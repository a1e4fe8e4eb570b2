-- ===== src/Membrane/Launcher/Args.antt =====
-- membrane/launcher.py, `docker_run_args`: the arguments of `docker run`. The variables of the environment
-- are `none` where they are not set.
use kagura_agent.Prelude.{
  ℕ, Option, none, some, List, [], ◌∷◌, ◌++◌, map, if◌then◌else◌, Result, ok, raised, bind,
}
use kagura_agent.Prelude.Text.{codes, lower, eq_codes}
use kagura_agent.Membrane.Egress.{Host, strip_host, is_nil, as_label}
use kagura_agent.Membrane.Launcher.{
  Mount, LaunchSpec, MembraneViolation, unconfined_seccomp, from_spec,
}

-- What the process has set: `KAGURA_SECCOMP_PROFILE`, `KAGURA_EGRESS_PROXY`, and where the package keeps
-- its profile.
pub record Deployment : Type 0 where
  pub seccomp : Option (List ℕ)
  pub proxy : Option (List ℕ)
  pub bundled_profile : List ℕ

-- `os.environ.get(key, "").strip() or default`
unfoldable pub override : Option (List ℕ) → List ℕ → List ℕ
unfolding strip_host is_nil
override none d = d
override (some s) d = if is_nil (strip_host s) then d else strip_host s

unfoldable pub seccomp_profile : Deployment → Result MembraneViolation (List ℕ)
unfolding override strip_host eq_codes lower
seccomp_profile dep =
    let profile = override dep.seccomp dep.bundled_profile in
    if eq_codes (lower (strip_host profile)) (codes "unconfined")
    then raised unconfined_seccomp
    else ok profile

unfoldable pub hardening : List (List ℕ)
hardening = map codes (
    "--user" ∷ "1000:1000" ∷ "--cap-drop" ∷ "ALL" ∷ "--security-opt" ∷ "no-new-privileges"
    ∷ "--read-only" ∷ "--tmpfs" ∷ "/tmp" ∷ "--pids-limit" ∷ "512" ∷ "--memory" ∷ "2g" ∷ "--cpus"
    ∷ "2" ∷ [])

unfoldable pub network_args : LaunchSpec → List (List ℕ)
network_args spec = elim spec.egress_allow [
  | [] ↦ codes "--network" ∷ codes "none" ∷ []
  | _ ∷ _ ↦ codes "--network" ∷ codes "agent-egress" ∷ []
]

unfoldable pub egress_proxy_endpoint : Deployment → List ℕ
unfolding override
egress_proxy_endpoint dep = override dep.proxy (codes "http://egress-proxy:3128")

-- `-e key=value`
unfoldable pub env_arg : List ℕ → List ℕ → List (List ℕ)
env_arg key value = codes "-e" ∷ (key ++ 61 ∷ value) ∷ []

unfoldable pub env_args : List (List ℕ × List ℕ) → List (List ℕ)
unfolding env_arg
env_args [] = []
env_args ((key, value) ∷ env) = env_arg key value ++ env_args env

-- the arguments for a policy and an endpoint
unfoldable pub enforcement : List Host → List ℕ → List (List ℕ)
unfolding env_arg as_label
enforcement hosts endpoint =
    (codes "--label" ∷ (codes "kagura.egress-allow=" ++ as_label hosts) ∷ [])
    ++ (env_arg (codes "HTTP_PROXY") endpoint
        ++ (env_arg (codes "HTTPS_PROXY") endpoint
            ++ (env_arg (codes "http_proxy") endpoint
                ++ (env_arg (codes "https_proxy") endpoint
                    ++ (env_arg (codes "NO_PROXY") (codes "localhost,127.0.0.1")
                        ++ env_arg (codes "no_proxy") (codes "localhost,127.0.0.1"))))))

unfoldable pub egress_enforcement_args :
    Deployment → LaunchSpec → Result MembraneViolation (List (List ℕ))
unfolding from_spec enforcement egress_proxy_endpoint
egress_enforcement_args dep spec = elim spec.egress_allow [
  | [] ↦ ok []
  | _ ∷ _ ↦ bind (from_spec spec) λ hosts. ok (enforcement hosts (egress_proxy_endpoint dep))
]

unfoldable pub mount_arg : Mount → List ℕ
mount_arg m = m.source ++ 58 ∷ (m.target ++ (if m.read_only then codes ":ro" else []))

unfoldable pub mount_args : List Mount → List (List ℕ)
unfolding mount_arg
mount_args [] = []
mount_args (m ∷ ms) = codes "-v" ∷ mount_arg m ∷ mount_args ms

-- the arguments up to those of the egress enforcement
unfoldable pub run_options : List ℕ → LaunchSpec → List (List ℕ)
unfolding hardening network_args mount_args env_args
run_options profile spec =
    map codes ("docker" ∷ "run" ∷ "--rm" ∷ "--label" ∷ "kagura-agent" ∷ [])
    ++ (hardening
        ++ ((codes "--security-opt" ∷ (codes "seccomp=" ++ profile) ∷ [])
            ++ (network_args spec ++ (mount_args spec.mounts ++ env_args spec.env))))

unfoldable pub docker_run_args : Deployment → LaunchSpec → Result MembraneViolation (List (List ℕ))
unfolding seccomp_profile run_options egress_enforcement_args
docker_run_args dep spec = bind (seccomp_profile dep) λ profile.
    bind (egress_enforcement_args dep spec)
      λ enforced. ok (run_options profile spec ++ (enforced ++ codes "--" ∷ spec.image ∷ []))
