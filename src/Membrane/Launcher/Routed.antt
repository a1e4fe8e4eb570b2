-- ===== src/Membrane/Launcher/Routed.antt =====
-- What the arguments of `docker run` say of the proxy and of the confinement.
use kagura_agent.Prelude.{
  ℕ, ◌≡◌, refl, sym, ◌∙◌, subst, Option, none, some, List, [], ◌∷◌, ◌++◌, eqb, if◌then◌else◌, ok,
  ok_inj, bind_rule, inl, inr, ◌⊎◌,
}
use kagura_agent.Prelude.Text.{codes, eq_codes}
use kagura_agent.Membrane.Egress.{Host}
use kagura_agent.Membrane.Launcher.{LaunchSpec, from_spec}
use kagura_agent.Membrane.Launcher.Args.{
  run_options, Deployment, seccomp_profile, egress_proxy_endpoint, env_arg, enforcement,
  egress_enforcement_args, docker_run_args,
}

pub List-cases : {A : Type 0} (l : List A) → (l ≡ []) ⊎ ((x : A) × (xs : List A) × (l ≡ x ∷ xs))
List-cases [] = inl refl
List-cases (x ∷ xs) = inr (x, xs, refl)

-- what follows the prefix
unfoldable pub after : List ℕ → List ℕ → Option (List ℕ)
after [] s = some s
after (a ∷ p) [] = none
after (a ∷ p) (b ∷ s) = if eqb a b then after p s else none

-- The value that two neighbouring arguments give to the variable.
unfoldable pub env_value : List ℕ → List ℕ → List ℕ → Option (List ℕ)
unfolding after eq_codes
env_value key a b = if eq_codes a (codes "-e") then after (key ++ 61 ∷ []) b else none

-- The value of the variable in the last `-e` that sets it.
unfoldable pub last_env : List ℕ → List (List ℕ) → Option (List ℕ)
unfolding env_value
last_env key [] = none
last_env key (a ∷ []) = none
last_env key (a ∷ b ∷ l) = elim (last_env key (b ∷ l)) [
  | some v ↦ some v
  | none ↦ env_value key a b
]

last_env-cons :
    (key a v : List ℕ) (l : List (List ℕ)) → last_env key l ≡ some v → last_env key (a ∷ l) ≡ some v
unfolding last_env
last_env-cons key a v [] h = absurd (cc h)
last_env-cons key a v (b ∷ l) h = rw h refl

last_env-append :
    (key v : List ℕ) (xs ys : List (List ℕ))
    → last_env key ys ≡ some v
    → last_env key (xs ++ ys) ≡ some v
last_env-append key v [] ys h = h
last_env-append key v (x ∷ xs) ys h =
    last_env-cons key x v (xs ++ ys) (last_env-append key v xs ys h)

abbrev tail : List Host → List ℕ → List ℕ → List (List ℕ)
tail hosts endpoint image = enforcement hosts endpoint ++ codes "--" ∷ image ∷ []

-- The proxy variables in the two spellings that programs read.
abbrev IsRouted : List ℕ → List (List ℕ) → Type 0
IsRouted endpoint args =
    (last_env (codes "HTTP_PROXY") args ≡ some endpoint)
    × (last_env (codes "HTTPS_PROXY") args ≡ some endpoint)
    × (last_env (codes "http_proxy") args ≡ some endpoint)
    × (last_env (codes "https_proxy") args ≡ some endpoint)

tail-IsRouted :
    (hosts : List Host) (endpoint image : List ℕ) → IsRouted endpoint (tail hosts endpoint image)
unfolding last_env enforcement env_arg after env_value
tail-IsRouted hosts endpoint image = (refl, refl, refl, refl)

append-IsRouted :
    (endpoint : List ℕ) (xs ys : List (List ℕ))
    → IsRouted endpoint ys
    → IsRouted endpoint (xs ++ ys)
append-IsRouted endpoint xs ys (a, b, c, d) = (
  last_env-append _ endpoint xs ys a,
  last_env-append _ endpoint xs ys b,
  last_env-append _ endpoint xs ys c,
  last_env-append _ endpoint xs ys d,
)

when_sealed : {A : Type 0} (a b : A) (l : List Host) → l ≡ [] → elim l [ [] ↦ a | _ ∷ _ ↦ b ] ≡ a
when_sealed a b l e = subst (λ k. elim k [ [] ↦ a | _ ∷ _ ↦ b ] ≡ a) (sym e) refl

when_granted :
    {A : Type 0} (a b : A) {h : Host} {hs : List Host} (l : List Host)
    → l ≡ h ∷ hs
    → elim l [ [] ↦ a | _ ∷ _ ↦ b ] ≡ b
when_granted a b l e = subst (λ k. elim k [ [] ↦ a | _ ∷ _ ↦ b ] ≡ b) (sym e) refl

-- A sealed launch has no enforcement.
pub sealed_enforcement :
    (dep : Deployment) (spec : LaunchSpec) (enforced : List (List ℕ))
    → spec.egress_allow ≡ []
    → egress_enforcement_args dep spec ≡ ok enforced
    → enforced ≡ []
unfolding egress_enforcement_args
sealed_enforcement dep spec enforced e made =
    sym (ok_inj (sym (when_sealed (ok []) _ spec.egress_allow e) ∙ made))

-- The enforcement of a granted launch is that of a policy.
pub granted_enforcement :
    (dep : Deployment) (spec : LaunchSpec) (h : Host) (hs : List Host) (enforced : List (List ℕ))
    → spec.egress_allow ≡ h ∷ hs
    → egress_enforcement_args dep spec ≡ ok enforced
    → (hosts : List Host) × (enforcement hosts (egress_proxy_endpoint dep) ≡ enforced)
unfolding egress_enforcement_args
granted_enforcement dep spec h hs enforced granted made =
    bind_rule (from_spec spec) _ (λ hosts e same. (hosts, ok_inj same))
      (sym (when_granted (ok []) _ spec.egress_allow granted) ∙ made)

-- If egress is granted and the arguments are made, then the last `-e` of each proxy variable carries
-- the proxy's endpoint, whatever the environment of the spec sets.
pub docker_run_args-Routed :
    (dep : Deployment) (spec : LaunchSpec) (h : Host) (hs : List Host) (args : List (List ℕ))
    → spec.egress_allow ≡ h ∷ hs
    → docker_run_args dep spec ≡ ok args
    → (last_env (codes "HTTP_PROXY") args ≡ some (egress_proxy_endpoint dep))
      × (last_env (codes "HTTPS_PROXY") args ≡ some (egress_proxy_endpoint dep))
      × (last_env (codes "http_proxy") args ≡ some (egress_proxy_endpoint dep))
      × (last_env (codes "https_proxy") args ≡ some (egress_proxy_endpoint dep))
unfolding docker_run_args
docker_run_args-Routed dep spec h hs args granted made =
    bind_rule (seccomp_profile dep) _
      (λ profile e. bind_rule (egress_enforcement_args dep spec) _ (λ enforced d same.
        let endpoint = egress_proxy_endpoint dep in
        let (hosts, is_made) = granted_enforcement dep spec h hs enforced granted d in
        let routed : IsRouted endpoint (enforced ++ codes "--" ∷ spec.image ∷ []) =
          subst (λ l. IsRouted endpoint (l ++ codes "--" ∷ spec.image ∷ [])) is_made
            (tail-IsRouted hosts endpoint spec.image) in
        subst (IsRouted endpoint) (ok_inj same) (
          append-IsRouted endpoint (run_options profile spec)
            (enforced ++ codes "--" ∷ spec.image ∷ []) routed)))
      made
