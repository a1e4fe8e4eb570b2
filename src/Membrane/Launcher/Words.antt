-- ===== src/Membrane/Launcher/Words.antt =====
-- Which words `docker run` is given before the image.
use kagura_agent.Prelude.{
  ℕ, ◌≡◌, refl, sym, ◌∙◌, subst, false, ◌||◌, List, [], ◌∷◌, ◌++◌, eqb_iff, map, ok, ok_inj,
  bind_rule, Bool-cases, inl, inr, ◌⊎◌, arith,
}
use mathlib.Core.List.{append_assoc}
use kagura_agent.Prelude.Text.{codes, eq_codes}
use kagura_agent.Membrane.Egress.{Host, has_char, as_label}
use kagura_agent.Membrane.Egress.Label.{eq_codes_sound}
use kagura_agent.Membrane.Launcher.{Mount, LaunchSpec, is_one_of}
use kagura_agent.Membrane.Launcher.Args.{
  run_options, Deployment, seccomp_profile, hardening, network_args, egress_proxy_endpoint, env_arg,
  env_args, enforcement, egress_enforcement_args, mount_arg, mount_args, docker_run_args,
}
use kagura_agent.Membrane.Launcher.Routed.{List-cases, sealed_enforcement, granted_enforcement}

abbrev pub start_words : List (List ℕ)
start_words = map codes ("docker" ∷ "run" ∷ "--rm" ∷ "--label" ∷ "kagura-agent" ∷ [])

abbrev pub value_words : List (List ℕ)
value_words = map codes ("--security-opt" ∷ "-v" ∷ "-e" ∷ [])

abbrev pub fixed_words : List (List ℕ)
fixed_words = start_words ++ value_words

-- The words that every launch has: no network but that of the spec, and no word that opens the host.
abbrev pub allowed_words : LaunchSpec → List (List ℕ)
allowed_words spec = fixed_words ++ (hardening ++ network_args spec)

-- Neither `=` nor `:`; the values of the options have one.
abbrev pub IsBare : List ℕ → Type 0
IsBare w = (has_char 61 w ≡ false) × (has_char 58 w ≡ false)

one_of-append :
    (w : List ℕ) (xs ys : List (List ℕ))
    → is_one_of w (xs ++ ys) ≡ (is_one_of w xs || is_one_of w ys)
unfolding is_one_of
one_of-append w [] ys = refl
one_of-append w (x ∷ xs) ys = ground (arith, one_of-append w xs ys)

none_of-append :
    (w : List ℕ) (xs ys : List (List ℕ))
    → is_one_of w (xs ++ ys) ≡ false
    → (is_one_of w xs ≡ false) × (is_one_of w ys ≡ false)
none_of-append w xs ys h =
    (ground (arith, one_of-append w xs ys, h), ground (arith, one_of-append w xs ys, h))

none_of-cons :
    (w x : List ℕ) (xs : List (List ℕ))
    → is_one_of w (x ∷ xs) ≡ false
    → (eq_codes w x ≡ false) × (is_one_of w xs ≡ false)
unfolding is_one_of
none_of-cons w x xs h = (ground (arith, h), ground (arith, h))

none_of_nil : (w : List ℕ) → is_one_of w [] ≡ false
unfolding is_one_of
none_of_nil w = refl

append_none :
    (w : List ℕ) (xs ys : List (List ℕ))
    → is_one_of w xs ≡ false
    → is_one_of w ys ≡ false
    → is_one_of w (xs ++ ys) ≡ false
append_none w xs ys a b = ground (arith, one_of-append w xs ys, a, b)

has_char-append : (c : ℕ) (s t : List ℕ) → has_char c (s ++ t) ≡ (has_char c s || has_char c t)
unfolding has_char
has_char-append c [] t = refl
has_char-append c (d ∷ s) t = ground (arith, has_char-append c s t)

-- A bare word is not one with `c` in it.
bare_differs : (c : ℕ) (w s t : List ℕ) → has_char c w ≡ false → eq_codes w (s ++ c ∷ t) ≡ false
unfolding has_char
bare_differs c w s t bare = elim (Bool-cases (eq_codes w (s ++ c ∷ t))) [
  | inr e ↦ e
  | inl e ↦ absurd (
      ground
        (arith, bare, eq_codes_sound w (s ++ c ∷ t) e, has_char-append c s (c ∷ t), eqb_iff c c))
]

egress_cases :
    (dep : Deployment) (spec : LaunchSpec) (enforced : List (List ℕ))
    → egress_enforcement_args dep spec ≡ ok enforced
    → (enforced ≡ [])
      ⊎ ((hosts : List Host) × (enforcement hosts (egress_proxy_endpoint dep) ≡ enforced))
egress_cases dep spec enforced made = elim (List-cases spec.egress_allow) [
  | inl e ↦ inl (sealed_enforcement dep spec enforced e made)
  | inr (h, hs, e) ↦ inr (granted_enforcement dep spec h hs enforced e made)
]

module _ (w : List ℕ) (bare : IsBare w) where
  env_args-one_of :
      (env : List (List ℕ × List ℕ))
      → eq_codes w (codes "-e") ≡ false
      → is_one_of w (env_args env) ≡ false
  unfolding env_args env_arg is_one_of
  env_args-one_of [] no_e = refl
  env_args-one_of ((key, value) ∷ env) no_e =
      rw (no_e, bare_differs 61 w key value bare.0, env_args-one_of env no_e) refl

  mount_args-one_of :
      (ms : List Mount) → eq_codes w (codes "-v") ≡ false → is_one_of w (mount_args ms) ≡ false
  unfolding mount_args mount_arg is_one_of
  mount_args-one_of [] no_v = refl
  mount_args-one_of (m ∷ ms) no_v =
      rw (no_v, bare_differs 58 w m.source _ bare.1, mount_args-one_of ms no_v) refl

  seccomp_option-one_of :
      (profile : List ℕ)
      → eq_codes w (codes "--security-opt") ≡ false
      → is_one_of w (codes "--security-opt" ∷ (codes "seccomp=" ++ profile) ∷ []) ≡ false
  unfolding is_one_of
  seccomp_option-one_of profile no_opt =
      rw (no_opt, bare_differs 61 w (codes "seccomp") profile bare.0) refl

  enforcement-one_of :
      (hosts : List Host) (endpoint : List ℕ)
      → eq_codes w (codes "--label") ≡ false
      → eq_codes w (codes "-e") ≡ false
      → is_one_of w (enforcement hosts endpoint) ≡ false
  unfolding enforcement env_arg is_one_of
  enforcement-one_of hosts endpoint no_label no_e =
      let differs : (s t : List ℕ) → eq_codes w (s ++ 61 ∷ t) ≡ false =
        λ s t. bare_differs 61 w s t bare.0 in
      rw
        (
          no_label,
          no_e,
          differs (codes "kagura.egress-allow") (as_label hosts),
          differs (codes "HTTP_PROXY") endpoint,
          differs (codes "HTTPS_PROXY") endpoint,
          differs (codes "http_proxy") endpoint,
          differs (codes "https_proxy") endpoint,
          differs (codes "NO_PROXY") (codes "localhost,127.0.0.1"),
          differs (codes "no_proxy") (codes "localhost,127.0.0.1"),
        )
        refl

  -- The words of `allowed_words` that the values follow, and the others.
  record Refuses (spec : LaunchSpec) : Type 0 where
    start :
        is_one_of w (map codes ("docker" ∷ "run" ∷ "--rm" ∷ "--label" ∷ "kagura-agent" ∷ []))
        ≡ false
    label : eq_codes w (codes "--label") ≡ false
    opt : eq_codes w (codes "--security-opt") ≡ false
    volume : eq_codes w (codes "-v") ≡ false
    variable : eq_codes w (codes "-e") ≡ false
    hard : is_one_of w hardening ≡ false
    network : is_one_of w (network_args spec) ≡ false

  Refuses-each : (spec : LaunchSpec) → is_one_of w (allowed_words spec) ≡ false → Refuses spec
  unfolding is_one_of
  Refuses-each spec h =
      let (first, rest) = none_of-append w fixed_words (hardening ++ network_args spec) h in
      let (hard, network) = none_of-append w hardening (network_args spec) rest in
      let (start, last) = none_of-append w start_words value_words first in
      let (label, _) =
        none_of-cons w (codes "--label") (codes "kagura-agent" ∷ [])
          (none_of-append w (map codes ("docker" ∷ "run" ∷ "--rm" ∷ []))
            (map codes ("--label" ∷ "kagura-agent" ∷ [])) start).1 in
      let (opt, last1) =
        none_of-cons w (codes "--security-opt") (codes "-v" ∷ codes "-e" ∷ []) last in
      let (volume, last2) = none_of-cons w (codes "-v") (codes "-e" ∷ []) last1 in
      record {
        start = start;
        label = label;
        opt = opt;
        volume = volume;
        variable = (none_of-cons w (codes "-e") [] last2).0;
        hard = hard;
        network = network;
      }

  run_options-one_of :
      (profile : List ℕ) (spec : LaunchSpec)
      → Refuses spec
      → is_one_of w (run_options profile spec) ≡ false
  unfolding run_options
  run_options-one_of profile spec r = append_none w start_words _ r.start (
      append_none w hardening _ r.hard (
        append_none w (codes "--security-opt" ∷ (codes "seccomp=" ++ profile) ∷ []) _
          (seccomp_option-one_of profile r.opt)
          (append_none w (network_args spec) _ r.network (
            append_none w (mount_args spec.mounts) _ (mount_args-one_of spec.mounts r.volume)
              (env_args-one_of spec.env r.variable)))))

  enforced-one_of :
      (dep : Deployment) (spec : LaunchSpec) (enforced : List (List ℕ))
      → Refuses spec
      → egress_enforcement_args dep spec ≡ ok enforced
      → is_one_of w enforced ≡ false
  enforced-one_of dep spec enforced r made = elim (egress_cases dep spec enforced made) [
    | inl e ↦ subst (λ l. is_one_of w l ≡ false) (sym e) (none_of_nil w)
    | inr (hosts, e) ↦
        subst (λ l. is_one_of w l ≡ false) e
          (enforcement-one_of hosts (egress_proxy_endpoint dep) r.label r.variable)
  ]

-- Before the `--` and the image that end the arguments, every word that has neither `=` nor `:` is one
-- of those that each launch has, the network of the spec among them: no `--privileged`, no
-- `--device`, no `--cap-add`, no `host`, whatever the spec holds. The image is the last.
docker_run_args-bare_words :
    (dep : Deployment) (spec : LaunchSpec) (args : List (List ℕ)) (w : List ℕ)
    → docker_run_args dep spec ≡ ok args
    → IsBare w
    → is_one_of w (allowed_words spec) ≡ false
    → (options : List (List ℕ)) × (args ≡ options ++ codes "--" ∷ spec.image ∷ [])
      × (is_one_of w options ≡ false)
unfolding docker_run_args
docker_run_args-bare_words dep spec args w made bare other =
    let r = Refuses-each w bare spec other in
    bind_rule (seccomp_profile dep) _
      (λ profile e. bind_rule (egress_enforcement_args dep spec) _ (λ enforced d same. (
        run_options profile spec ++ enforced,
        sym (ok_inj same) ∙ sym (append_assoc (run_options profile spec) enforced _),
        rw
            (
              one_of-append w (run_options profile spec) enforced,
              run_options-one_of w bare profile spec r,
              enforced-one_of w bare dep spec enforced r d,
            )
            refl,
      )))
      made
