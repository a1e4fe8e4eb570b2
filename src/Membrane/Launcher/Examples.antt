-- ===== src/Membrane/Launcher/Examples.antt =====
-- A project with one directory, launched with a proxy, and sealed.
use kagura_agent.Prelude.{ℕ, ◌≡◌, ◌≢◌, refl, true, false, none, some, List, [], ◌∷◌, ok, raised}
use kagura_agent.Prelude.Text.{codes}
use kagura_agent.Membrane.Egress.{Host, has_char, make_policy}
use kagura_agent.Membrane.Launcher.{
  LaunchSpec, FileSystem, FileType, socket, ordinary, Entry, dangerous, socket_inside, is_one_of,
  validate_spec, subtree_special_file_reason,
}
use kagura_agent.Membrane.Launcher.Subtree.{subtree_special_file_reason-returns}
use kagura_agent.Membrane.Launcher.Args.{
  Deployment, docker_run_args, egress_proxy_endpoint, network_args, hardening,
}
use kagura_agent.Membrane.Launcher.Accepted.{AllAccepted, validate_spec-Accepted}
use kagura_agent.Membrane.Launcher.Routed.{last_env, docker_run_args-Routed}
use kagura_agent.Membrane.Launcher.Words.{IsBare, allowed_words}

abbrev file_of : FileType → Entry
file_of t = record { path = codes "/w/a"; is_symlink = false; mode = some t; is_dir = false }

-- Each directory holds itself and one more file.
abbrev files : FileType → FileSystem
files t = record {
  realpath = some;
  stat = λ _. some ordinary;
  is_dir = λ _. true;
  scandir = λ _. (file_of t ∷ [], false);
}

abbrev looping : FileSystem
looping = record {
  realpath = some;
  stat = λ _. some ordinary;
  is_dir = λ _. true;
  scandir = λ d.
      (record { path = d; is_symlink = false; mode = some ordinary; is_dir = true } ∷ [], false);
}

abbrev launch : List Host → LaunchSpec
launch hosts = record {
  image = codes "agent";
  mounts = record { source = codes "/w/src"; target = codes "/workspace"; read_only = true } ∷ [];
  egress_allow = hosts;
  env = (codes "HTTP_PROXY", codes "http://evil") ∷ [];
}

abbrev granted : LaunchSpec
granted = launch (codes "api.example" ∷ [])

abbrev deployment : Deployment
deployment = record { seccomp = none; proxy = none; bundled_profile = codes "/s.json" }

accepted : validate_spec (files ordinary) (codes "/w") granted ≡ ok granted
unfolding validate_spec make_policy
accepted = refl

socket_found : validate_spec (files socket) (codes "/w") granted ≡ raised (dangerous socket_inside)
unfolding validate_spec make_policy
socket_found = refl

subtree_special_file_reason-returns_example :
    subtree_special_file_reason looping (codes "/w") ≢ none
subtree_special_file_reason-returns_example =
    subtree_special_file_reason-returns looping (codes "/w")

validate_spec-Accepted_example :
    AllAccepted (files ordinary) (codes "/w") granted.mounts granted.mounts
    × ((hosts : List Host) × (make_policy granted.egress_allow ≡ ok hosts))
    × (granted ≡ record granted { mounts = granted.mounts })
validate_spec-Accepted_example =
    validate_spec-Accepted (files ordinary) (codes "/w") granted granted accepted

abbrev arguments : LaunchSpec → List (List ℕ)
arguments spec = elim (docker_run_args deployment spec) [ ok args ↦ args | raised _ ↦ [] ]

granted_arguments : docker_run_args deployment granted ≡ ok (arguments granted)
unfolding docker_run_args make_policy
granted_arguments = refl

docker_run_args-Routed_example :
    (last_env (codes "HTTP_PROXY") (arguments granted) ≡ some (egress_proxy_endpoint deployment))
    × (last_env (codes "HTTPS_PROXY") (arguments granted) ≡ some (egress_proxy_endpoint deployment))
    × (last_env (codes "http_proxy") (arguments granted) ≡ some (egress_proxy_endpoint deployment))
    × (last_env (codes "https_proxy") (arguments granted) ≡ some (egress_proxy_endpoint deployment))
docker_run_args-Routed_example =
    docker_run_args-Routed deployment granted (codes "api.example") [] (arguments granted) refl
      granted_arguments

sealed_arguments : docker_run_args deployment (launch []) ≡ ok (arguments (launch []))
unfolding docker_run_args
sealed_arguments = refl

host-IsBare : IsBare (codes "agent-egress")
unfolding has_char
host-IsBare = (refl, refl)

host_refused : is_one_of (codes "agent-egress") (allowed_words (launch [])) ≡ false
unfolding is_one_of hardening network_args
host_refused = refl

* _Exercise objective_:
The answer must be a single number: how many lines in the listing above include the word "variables".

* _Final answer_:
2